Reproduce word for word the lines between those holding "unfolding parse_date" and "parse_date-InCalendar _ = tt", inclusive, and nothing else from the data below.

#### [Material for the task]
☆ ☆ ☆ ☆ ☆

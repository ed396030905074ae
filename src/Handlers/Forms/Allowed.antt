-- ===== src/Handlers/Forms/Allowed.antt =====
-- What a form or a line of bills.json that is accepted says: the database takes it.
use billtracker_plugin.Base.{
  ℕ, ◌≡◌, ◌≤◌, sym, subst, ◌==◌, [], ◌∷◌, Bool, true, false, ◌&&◌, Option, none, some, Bytes, codes,
  same, is_empty, trim_space, arith, if◌then◌else◌,
}
use billtracker_plugin.Base.Int.{ℤ, pos, negsuc, fits_int4}
use billtracker_plugin.Base.Atoi.{atoi}
use billtracker_plugin.Float.{dollars_to_cents}
use billtracker_plugin.Float.Scan.{cents_of}
use billtracker_plugin.Errors.{Result, ok}
use billtracker_plugin.Calendar.{Date}
use billtracker_plugin.Schedule.{monthly, quarterly, one_off, BillDefinition}
use billtracker_plugin.Models.Rows.{between, date_exists, schedule_allowed, row_allowed}
use billtracker_plugin.Handlers.Forms.{
  Form, in_range, two_digits, day_of, parse_date, unscheduled, monthly_bill, quarterly_bill,
  one_off_bill, scheduled, url_of, priced, parse_bill_form, BillBootstrap, listed,
  bill_bootstrap_to_definition,
}

-- A day, if there is one, is one that a DATE column holds, from the year 1 on.
abbrev InCalendar : Option Date → Type 0
InCalendar none = Unit
InCalendar (some t) = (1 ≤ t.year) → date_exists t ≡ true

abbrev Ranged : ℕ → ℕ → Option ℕ → Type 0
Ranged lo hi none = Unit
Ranged lo hi (some n) = between lo hi n ≡ true

in_range-Ranged : (lo hi : ℕ) (n : Option ℤ) → Ranged lo hi (in_range lo hi n)
in_range-Ranged lo hi none = tt
in_range-Ranged lo hi (some (pos n)) = ground arith
in_range-Ranged lo hi (some (negsuc n)) = ground arith

day_of-InCalendar : (hi lo m d : Option ℕ) → InCalendar (day_of hi lo m d)
day_of-InCalendar (some hi) (some lo) (some m) (some d) = ground arith
day_of-InCalendar (some hi) (some lo) (some m) none = tt
day_of-InCalendar (some hi) (some lo) none d = tt
day_of-InCalendar (some hi) none m d = tt
day_of-InCalendar none lo m d = tt

choice_known : (b : Bool) (t : Option Date) → InCalendar t → InCalendar (if b then t else none)
choice_known true t h = h
choice_known false t h = tt

pub parse_date-InCalendar : (s : Bytes) → InCalendar (parse_date s)
unfolding parse_date
parse_date-InCalendar (y1 ∷ y2 ∷ y3 ∷ y4 ∷ h1 ∷ m1 ∷ m2 ∷ h2 ∷ d1 ∷ d2 ∷ []) =
    choice_known (h1 == b'-' && h2 == b'-') _ (
      day_of-InCalendar (two_digits y1 y2) (two_digits y3 y4) (two_digits m1 m2) (two_digits d1 d2))
parse_date-InCalendar _ = tt

abbrev FromYearOne : Option Date → Type 0
FromYearOne none = Unit
FromYearOne (some t) = 1 ≤ t.year

-- What follows from both branches follows from the conditional.
in_branch :
    {A : Type 0} {x y z : Result A} {P : Type 0} (c : Bool)
    → (x ≡ z → P)
    → (y ≡ z → P)
    → (if c then x else y) ≡ z
    → P
in_branch true f g e = f e
in_branch false f g e = g e

listed_allowed :
    (entry : BillBootstrap) (d : BillDefinition)
    → fits_int4 (dollars_to_cents entry.amount) ≡ true
    → ok (listed entry) ≡ ok d
    → row_allowed d ≡ true
unfolding row_allowed schedule_allowed
listed_allowed entry d fits e = let is : listed entry ≡ d = cc in rw (← is, fits)

module _ (name : Bytes) (cents : ℤ) (url : Option Bytes) (fits : fits_int4 cents ≡ true)
    (d : BillDefinition) where
  abbrev b : BillDefinition
  b = unscheduled name cents url

  monthly_allowed :
      (day : Option ℕ) → Ranged 1 31 day → monthly_bill b day ≡ ok d → row_allowed d ≡ true
  unfolding row_allowed schedule_allowed
  monthly_allowed none r e = cc
  monthly_allowed (some day) r e =
      let is : record b { schedule_type = monthly; day_of_month = some day } ≡ d = cc in
      rw (← is, fits, r)

  quarterly_allowed :
      (day start : Option ℕ)
      → Ranged 1 31 day
      → Ranged 1 3 start
      → quarterly_bill b day start ≡ ok d
      → row_allowed d ≡ true
  unfolding row_allowed schedule_allowed
  quarterly_allowed none start r s e = cc
  quarterly_allowed (some day) none r s e = cc
  quarterly_allowed (some day) (some start) r s e =
      let is : record b {
        schedule_type = quarterly;
        day_of_month = some day;
        quarter_start_month = some start;
      }
          ≡ d =
        cc in
      rw (← is, fits, r, s)

  one_off_allowed :
      (t : Option Date)
      → InCalendar t
      → FromYearOne d.one_off_date
      → one_off_bill b t ≡ ok d
      → row_allowed d ≡ true
  unfolding row_allowed schedule_allowed
  one_off_allowed none h y e = cc
  one_off_allowed (some t) h y e =
      let is : record b { schedule_type = one_off; one_off_date = some t } ≡ d = cc in
      let year : FromYearOne (some t) = subst (λ x. FromYearOne x.one_off_date) (sym is) y in
      rw (← is, fits, h year)

  scheduled_allowed :
      (word : Bytes) (day start : Option ℤ) (t : Option Date)
      → InCalendar t
      → FromYearOne d.one_off_date
      → scheduled b word day start t ≡ ok d
      → row_allowed d ≡ true
  unfolding scheduled
  scheduled_allowed word day start t h y =
      in_branch (same word (codes "monthly")) (monthly_allowed _ (in_range-Ranged 1 31 day)) (
        in_branch (same word (codes "quarterly"))
          (quarterly_allowed _ _ (in_range-Ranged 1 31 day) (in_range-Ranged 1 3 start))
          (in_branch (same word (codes "one_off")) (one_off_allowed t h y) (λ e. cc)))

-- A form that is accepted gives a row that passes the table's CHECK constraints, where the amount
-- is in the range of INTEGER and the day of a one-off bill is not in the year 0.
pub parse_bill_form_allowed :
    (form : Form) (cents : ℤ) (d : BillDefinition)
    → parse_bill_form form ≡ ok d
    → cents_of (form (codes "amount")) ≡ some cents
    → fits_int4 cents ≡ true
    → FromYearOne d.one_off_date
    → row_allowed d ≡ true
unfolding parse_bill_form
parse_bill_form_allowed form cents d e is fits year =
    in_branch (is_empty (trim_space (form (codes "name")))) (λ e. cc)
      (λ accepted.
        scheduled_allowed _ cents _ fits d (form (codes "schedule"))
          (atoi (form (codes "day_of_month"))) (atoi (form (codes "quarter_start_month")))
          (parse_date (form (codes "one_off_date")))
          (parse_date-InCalendar (form (codes "one_off_date"))) year
          (subst (λ c. priced form c ≡ ok d) is accepted))
      e

-- An entry of bills.json that is accepted gives a row that passes the table's CHECK constraints,
-- where the amount is in the range of INTEGER and the day of a one-off bill is not in the year 0.
pub bill_bootstrap_allowed :
    (entry : BillBootstrap) (d : BillDefinition)
    → bill_bootstrap_to_definition entry ≡ ok d
    → fits_int4 (dollars_to_cents entry.amount) ≡ true
    → FromYearOne d.one_off_date
    → row_allowed d ≡ true
unfolding bill_bootstrap_to_definition
bill_bootstrap_allowed entry d e fits year =
    in_branch (is_empty entry.name) (λ e. cc)
      (in_branch (is_empty entry.connector)
        (scheduled_allowed entry.name (dollars_to_cents entry.amount)
          (url_of entry.vendor_url entry.vendor_url) fits d entry.schedule entry.day_of_month
          entry.quarter_start_month (parse_date entry.one_off_date)
          (parse_date-InCalendar entry.one_off_date) year)
        (listed_allowed entry d fits))
      e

☆ ☆ ☆ ☆ ☆

#### [Result of this exercise]
unfolding parse_date
parse_date-InCalendar (y1 ∷ y2 ∷ y3 ∷ y4 ∷ h1 ∷ m1 ∷ m2 ∷ h2 ∷ d1 ∷ d2 ∷ []) =
    choice_known (h1 == b'-' && h2 == b'-') _ (
      day_of-InCalendar (two_digits y1 y2) (two_digits y3 y4) (two_digits m1 m2) (two_digits d1 d2))
parse_date-InCalendar _ = tt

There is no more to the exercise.